I also tried using /dev/ukbd0 and /dev/uhid0 directly, but `ykman piv info` reports nothing found.


----------



## alexseitsinger (Tuesday at 10:59 PM)

Perhaps I'm overlooking something here, but wouldn't doing this (sharing it over a network) "defeat the purpose" of using it for authentication?

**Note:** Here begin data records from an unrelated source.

-- ===== src/Watch/Enforce.antt =====
-- `enforce` of wan_watch.py.
use aura_server.Base.{
  ℕ, ◌≡◌, refl, ◌≢◌, ◌∙◌, ap, ◌⊎◌, inl, inr, String, true, Bool-cases, Option, some, List, [], ◌∷◌,
  ◌++◌, ◌==◌, nat_eq, list_eq, list_equals_iff, length, map, if◌then◌else◌, Error, Result,
  Result-cases, ok, err, value_error, os_error,
}
use mathlib.Core.List.{append_assoc, append-nil}
use aura_server.Address.{Parser, public_ip}
use aura_server.Script.{
  World, Machine, Script, pure, throw, lift, ◌>>=◌, ◌>>◌, try_except, for_each, change, command,
}

-- The quarantine file, with its bytes where it is there.
abbrev pub Marker : Type 0
Marker = Option String

abbrev pub repair_text : String
repair_text =
    "WAN address changed. Offline certificate/relay review and explicit fresh pairing required.\n"

abbrev pub services : List String
services = "aura-server.service" ∷ "aura-rendezvous.service" ∷ "aura-derp.service" ∷ []

abbrev pub stop_command : String → List String
stop_command service = "systemctl" ∷ "--no-block" ∷ "stop" ∷ service ∷ []

-- A write to the marker; `keep` where the call changes nothing and may fail (`fchmod`, `fsync`).
abbrev pub write : Machine → Marker → Script Marker (Unit {0})
write h marker = change h (λ _. ok marker)

abbrev pub keep : Machine → Script Marker (Unit {0})
keep h = change h ok

unfoldable pub stop_one : Machine → String → Script Marker (Unit {0})
stop_one h service = try_except (command h (stop_command service)) (λ _. pure tt)

unfoldable pub quarantine : Machine → Script Marker (Unit {0})
quarantine h = do
  write h (some "")
  keep h
  write h (some repair_text)
  keep h
  keep h
  for_each (stop_one h) services
  throw (value_error "Address change requires repair")

unfoldable pub enforce : Machine → Parser → List ℕ → List ℕ → Script Marker (Unit {0})
enforce h parse expected observed = do
  lift (public_ip parse expected)
  lift (public_ip parse observed)
  if expected == observed then pure tt else quarantine h

module _ (h : Machine) where
  stop_one_lem :
      (service : String) (w : World Marker)
      → stop_one h service w
        ≡ (ok tt, record w { commands = w.commands ++ (stop_command service ∷ []) })
  unfolding stop_one try_except command pure
  stop_one_lem service w = elim (Bool-cases (h.succeeds w.commands (stop_command service))) [
    | inl e ↦ rw e refl
    | inr e ↦ rw e refl
  ]

  -- Every service is stopped, however the commands end.
  stop_all :
      (names : List String) (w : World Marker)
      → for_each (stop_one h) names w
        ≡ (ok tt, record w { commands = w.commands ++ map stop_command names })
  unfolding for_each pure ◌>>=◌
  stop_all [] w = rw (append-nil w.commands) refl
  stop_all (name ∷ names) w = rw (stop_one_lem name w) (
      stop_all names _
      ∙ rw (append_assoc w.commands (stop_command name ∷ []) (map stop_command names)) refl)

  -- A run that stops at a change that is refused, with no command run; or with the marker written and
  -- every service told to stop.
  abbrev pub IsQuarantined : List (List String) → Result (Unit {0}) × World Marker → Type 0
  IsQuarantined before r =
      ((e : Error) × (r.0 ≡ err e))
      × (((n : ℕ) × (h.refuses n ≡ true) × (r.1.commands ≡ before))
          ⊎ ((r.1.now ≡ some repair_text) × (r.1.commands ≡ before ++ map stop_command services)))

  after_change :
      (before : List (List String)) (g : Marker → Marker) (rest : Script Marker (Unit {0}))
      (w : World Marker)
      → w.commands ≡ before
      → ((w' : World Marker)
          → w'.commands ≡ before
          → w'.now ≡ g w.now
          → IsQuarantined before (rest w'))
      → IsQuarantined before ((change h (λ s. ok (g s)) >> rest) w)
  unfolding change ◌>>=◌
  after_change before g rest w same k = elim (Bool-cases (h.refuses (length w.past))) [
    | inl e ↦ rw e ((os_error "OSError", refl), inl (length w.past, e, same))
    | inr e ↦ rw e (k (record w { now = g w.now; past = w.now ∷ w.past }) same refl)
  ]

  stops-IsQuarantined :
      (before : List (List String)) (w : World Marker)
      → w.commands ≡ before
      → w.now ≡ some repair_text
      → IsQuarantined before (
          (for_each (stop_one h) services >> throw (value_error "Address change requires repair"))
            w)
  unfolding ◌>>=◌ throw
  stops-IsQuarantined before w same marked = rw (stop_all services w) (
    (value_error "Address change requires repair", refl),
    inr (marked, ap (λ c. c ++ map stop_command services) same),
  )

  quarantine-IsQuarantined : (w : World Marker) → IsQuarantined w.commands (quarantine h w)
  unfolding quarantine
  quarantine-IsQuarantined w =
      after_change w.commands (λ _. some "") _ w refl
        λ w1 c1 n1.
          after_change w.commands (λ s. s) _ w1 c1
            λ w2 c2 n2.
              after_change w.commands (λ _. some repair_text) _ w2 c2
                λ w3 c3 n3.
                  after_change w.commands (λ s. s) _ w3 c3
                    λ w4 c4 n4.
                      after_change w.commands (λ s. s) _ w4 c4
                        λ w5 c5 n5. stops-IsQuarantined w.commands w5 c5 (n5 ∙ (n4 ∙ n3))

  -- `enforce` on every branch: an address that is not public is an error, and nothing is written or
  -- run; equal addresses end well, and nothing is written or run; different ones end in an error,
  -- and either the system refused a change and no command was run, or the marker has its whole text
  -- and each of the three services was told to stop once, in order, however those commands ended.
  pub enforce_lem :
      (parse : Parser) (expected observed : List ℕ) (w : World Marker)
      → ((e : Error) × (enforce h parse expected observed w ≡ (err e, w))
          × ((public_ip parse expected ≡ err e) ⊎ (public_ip parse observed ≡ err e)))
        ⊎ ((expected ≡ observed) × (enforce h parse expected observed w ≡ (ok tt, w)))
        ⊎ ((expected ≢ observed) × IsQuarantined w.commands (enforce h parse expected observed w))
  unfolding enforce ◌>>=◌ lift pure
  enforce_lem parse expected observed w = elim (Result-cases (public_ip parse expected)) [
    | inr (e, p) ↦ inl (e, rw p refl, inl p)
    | inl (a, p) ↦ elim (Result-cases (public_ip parse observed)) [
      | inr (e, q) ↦ inl (e, rw (p, q) refl, inr q)
      | inl (b, q) ↦ elim (Bool-cases (expected == observed)) [
        | inl s ↦ inr (inl ((list_equals_iff expected observed).0 s, rw (p, q, s) refl))
        | inr s ↦ inr (
            inr (
              λ same. absurd (cc (s, (list_equals_iff expected observed).1 same)),
              rw (p, q, s) (quarantine-IsQuarantined w),
            ))
      ]
    ]
  ]
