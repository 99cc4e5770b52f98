-- ===== src/Watch/Command/Run.antt =====
-- `main` of wan_watch.py after its tests.
use aura_server.Base.{ℕ, Option, List, Result}
use aura_server.Json.{Value}
use aura_server.Address.{Parser}
use aura_server.Firewall.{Ipv4}
use aura_server.Script.{Machine, Script, lift, ◌>>=◌}
use aura_server.Renew.State.{File}
use aura_server.Watch.Table.{Event}
use aura_server.Watch.Observe.{Page, observe}
use aura_server.Watch.Enforce.{Marker, enforce}
use aura_server.Watch.Command.{router_text, expected_text, accept}

-- `ipaddress`, the HTML parser on the page's bytes, and the routers.
pub record Sources : Type 0 where
  pub ip : Ipv4
  pub parse : Parser
  pub page : List ℕ → Result (List Event)
  pub router : ℕ → Result Page

unfoldable pub watch : Machine → Sources → Value → Value → Script Marker (Unit {0})
watch h from router_value expected_value = do
  router ← lift (router_text from.ip router_value)
  observed ← lift (observe from.ip from.parse from.page from.router router).result
  expected ← lift (expected_text expected_value)
  enforce h from.parse expected observed

unfoldable pub main :
    Machine → Sources → ℕ → Option File → (List ℕ → Option Value) → Script Marker (Unit {0})
main h from euid config loads = do
  (router, expected) ← lift (accept euid config loads)
  watch h from router expected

All approaches for human authentication rely on at least one of the following:

_Something you know_ (eg. a password)
_Something you have_ (eg. a smartcard)
_Something you are_ (eg. a fingerprint)
Someone you know (eg. celebrity or public figure)*
(see: https://www.cs.cornell.edu/courses/cs513/2005fa/NNLauthPeople.html)



Spoiler: *



Not srs


----------



## tuaris (Yesterday at 5:53 AM)

alexseitsinger said:


> Perhaps I'm overlooking something here, but wouldn't doing this (sharing it over a network) "defeat the purpose" of using it for authentication?
> 
> All approaches for human authentication rely on at least one of the following:
> 
> ...


Actually the opposite is true in my use case (in my opinion at least).  It's a perfectly valid situation:

Rather than have the Yubikey attached to one of the USB ports on the hypervisor in a separate room, the key remains with me.
There is less chance that the key gets attached to the wrong VM
It does not occupy one of the limited amount of USB ports on a server
USB pass through to a guest VM on the hypervisor is not always reliable
Can't take advantage of VMware's VMotion feature if the VM is reliant on a USB device being connected physically to the host server


----------



## monwarez (Yesterday at 6:36 AM)

Have you tried to do this with /dev/usb/1.4.0 and (all the other in 1.4.*)
And then simply do the symlink /dev/ugen1.4 -> usb/1.4.0 

And if it still does not work, complete it with each device (ukbd, uhid).

Does the use case is ssh key authentication ? Or there is more functionality needed ?


----------



## Alain De Vos (Yesterday at 8:17 AM)

Sorry what does "attach" mean ?. You can also use ssh-filesystem mount for instance.





						How To Use SSHFS to Mount Remote File Systems Over SSH  | DigitalOcean
					

Luckily there is a way to mount your VPS file system to your local computer so you can make changes on the fly and treat your droplet as local storage.




					www.digitalocean.com


----------



## alexseitsinger (Yesterday at 4:44 PM)

tuaris said:


> Actually the opposite is true in my use case (in my opinion at least).  It's a perfectly valid situation:
> 
> Rather than have the Yubikey attached to one of the USB ports on the hypervisor in a separate room, the key remains with me.
> There is less chance that the key gets attached to the wrong VM
> ...


It really sounds like you want to eliminate the usefulness of the Yubikey here, for me.

Perhaps if you gave me an example use case it would make more sense?


----------